Un racconto dopo l’altro – si leggono anche a saltare – vediamo cose assurde che prima non c’erano e che ora si mischiano a tutto il resto, col risultato che tutto il resto alla fine ci pare assurdo, incluso il nostro corpo. Come molti hanno notato, il denominatore comune di questi racconti strani e diversi è proprio il corpo. Quello che, sempre secondo la protagonista di «Lingua nera» puoi rovinare fino a un certo punto; quello che, secondo le ragazzine di «Le braccia sopra la testa» è ben visibile e non richiede domande, anche se loro di domande sui corpi, sul come e perché del loro fondersi e sdoppiarsi, se ne fanno tantissime. Quel corpo che, secondo la medium di «Clamore», il racconto che chiude quasi programmaticamente la raccolta, è utile solo temporaneamente, qualcosa di cui ci si può sbarazzare dopo l’uso e magari lo si potesse far prima, «proprio come ci si pente di aver comprato un vestito che non ci rende giustizia». Sembra essere questa la conclusione, che il corpo è qualcosa che abbiamo e non avremo più, un contenitore, uno strumento per raggiungere determinati obiettivi: lo dichiara l’autrice stessa in alcune interviste, riferendosi al suo passato da pallanuotista, che ora sente lontanissimo. Perché è irrazionale praticare uno sport così brutale, farsi male. E farsi belli, non lo è forse altrettanto?

«C’è stato un periodo in cui per vivere mi fingevo un oggetto d’arredamento», dice la protagonista di «Arredamento», uno dei racconti più crudi. Ma fingersi qualcosa è anche un po’ diventarlo, come il serpente che si finge pera, o il ragazzo-sorreggiseno che passa la vita con le mani a coppa fino a renderle fuori uso; ed è vero anche il contrario: la donna traumatizzata di «Arpa», spaccata e forse decisa a cambiar vita, immagina infatti per sé un corpo diverso. Si sbaglia, la medium, il corpo non puoi riportarlo indietro al negozio, ci sbagliamo tutti quando lo pensiamo come qualcosa di accessorio e assurdo: ed è questo che fa «Lingua nera», ridefinisce l’assurdo. Come una parola ripetuta troppe volte perde di significato, così a furia di evocarlo il corpo finisce per essere, più che qualcosa che abbiamo, tutto ciò che siamo. Come sono banali i corpi, eppure complessi; e un po’ schifosi: è strano, leggendo, fermarsi a pensare alla propria carne, al sangue nelle vene, a quant’è grottesco mangiare.
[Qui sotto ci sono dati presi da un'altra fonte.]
-- ===== src/HttpClient/Output.antt =====
-- chapter5/HTTPClient/httpclient.cpp, handler: the callback that prints what a request has come to.
mod Tests
use boost_asio_book.Asio.{Asio, ErrorCode, ec_eq}
use boost_asio_book.HttpClient.Request.{HttpRequest}
use boost_asio_book.Prelude.{
  Bool, Bool-cases, Bytes, List, [], arith, codes, false, if◌then◌else◌, inl, inr, refl, true, ◌&&◌,
  ◌++◌, ◌==◌, ◌∷◌, ◌≡◌, ◌∙◌, ap, append-nil, append_assoc, equal, if_elim, sym, ◌||◌,
}
use boost_asio_book.Std.Decimal.{to_string}
use boost_asio_book.Std.Ostream.{
  Ostream, write_all, write_buf, printing, write_all_failed, write_buf_failed, write_all-printing,
  write_buf-printing,
}

-- `message` is `ec.message()`.
module _ (lib : Asio) (message : ErrorCode → Bytes) where
  unfoldable pub handler : HttpRequest → ErrorCode → Ostream → Ostream
  handler r ec out =
      if ec.value == 0
      then write_buf r.response.response_buf (
          write_all (codes "Request #" ∷ to_string r.id ∷ codes " has completed. Response: " ∷ [])
            out)
      else if ec_eq ec lib.operation_aborted
      then write_all
          (codes "Request #"
            ∷ to_string r.id
            ∷ codes " has been cancelled by the user."
            ∷ codes "\n"
            ∷ [])
          out
      else write_all
          (codes "Request #"
            ∷ to_string r.id
            ∷ codes " failed! Error code = "
            ∷ to_string ec.value
            ∷ codes ". Error message = "
            ∷ message ec
            ∷ codes "\n"
            ∷ [])
          out

  -- The callback is called for one request after another.
  unfoldable pub print_all : List (HttpRequest × ErrorCode) → Ostream → Ostream
  print_all [] out = out
  print_all ((r, ec) ∷ calls) out = print_all calls (handler r ec out)

  -- What there is to say of a request.
  abbrev pub report : HttpRequest → ErrorCode → Bytes
  report r ec =
      if ec.value == 0
      then codes "Request #"
        ++ (to_string r.id ++ (codes " has completed. Response: " ++ r.response.response_buf))
      else if ec_eq ec lib.operation_aborted
      then codes "Request #" ++ (to_string r.id ++ codes " has been cancelled by the user.\n")
      else codes "Request #"
        ++ (to_string r.id
            ++ (codes " failed! Error code = "
                ++ (to_string ec.value
                    ++ (codes ". Error message = " ++ (message ec ++ codes "\n")))))

  -- The request has completed, with a body that is empty.
  abbrev pub is_silent : HttpRequest → ErrorCode → Bool
  is_silent r ec = (ec.value == 0) && equal r.response.response_buf []

  -- The reports up to the first request with an empty body.
  abbrev pub reports : List (HttpRequest × ErrorCode) → Bytes
  reports [] = []
  reports ((r, ec) ∷ calls) =
      let rest = reports calls in report r ec ++ (if is_silent r ec then [] else rest)

  handler_failed :
      (r : HttpRequest) (ec : ErrorCode) (out : Ostream)
      → out.failbit ≡ true
      → handler r ec out ≡ out
  unfolding handler
  handler_failed r ec out f =
      if_elim (λ o. o ≡ out) (ec.value == 0) _ _
        (λ _. rw (write_all_failed _ out f) (write_buf_failed r.response.response_buf out f))
        (λ _.
          if_elim (λ o. o ≡ out) (ec_eq ec lib.operation_aborted) _ _
            (λ _. write_all_failed _ out f) (λ _. write_all_failed _ out f))

  print_all_failed :
      (calls : List (HttpRequest × ErrorCode)) (out : Ostream)
      → out.failbit ≡ true
      → print_all calls out ≡ out
  unfolding print_all
  print_all_failed [] out f = refl
  print_all_failed ((r, ec) ∷ calls) out f =
      rw (handler_failed r ec out f) (print_all_failed calls out f)

  pub handler-report :
      (r : HttpRequest) (ec : ErrorCode) (text : Bytes)
      → handler r ec (printing text)
        ≡ record { text = text ++ report r ec; failbit = is_silent r ec }
  unfolding handler
  handler-report r ec text = elim (Bool-cases (ec.value == 0)) [
    | inl fine ↦ rw fine (simp (write_all-printing, write_buf-printing, append_assoc))
    | inr bad ↦ rw bad (elim (Bool-cases (ec_eq ec lib.operation_aborted)) [
      | inl gone ↦ rw gone (simp (write_all-printing))
      | inr other ↦ rw other (simp (write_all-printing))
    ])
  ]

  -- Some request has completed with an empty body.
  abbrev pub any_silent : List (HttpRequest × ErrorCode) → Bool
  any_silent [] = false
  any_silent ((r, ec) ∷ calls) = is_silent r ec || any_silent calls

  -- Each callback prints its report, the first ones up to and with that of a request that has completed
  -- with an empty body: from there the stream has failed, and the reports of all later requests are lost,
  -- those of errors too. Where no request has completed so, all are printed, in order.
  pub print_all-reports :
      (calls : List (HttpRequest × ErrorCode)) (text : Bytes)
      → print_all calls (printing text)
        ≡ record { text = text ++ reports calls; failbit = any_silent calls }
  unfolding print_all
  print_all-reports [] text = ap printing (sym (append-nil text))
  print_all-reports ((r, ec) ∷ calls) text =
      rw (handler-report r ec text) (elim (Bool-cases (is_silent r ec)) [
        | inl silent ↦ rw silent (rw (append-nil (report r ec)) (print_all_failed calls _ refl))
        | inr heard ↦ rw heard (
            rw
              (
                print_all-reports calls (text ++ report r ec),
                append_assoc text (report r ec) (reports calls),
              )
              refl)
      ])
L’atto del mangiare torna ossessivamente in quasi tutti i racconti, tra pietanze squisite che seducono vedove, ciambelle fritte, uomini che si mangerebbero una donna più che andarci a letto, navate di chiese che gorgogliano come stomaci, paura e voglia di essere mangiati, e non è casuale quest’ossessione. Come il corpo, anche il mangiare appare prima accessorio, poi assurdo, infine essenziale – e non solo a tenere in vita questa macchina che abbiamo o siamo, ma a definirci. Non sono affamati i bambini quando mettono in bocca gli oggetti: lo fanno per conoscerli, conoscersi, delineare un confine tra ciò che sono e ciò che non sono. Per affermarsi nel mondo, quindi, in quanto corpi. A un certo punto c’è un racconto di una normalità disarmante: «Che cosa sarei se non fossi ciò che sono» è la storia di una donna che perde il marito e inizia a interrogarsi su cos’erano lei e il marito insieme, cos’era lei da sola prima di lui, cosa le è rimasto. «Volevo avere una parte di lui che non avesse nessun altro», dice, e anche: «Preferivo pensare a noi come a due corpi». I personaggi mangiano per entrare in contatto, protendersi verso qualcosa o qualcuno e farlo proprio, e si fanno mangiare, si deformano, per sentirsi più piccoli, meno ridicoli, meno soli.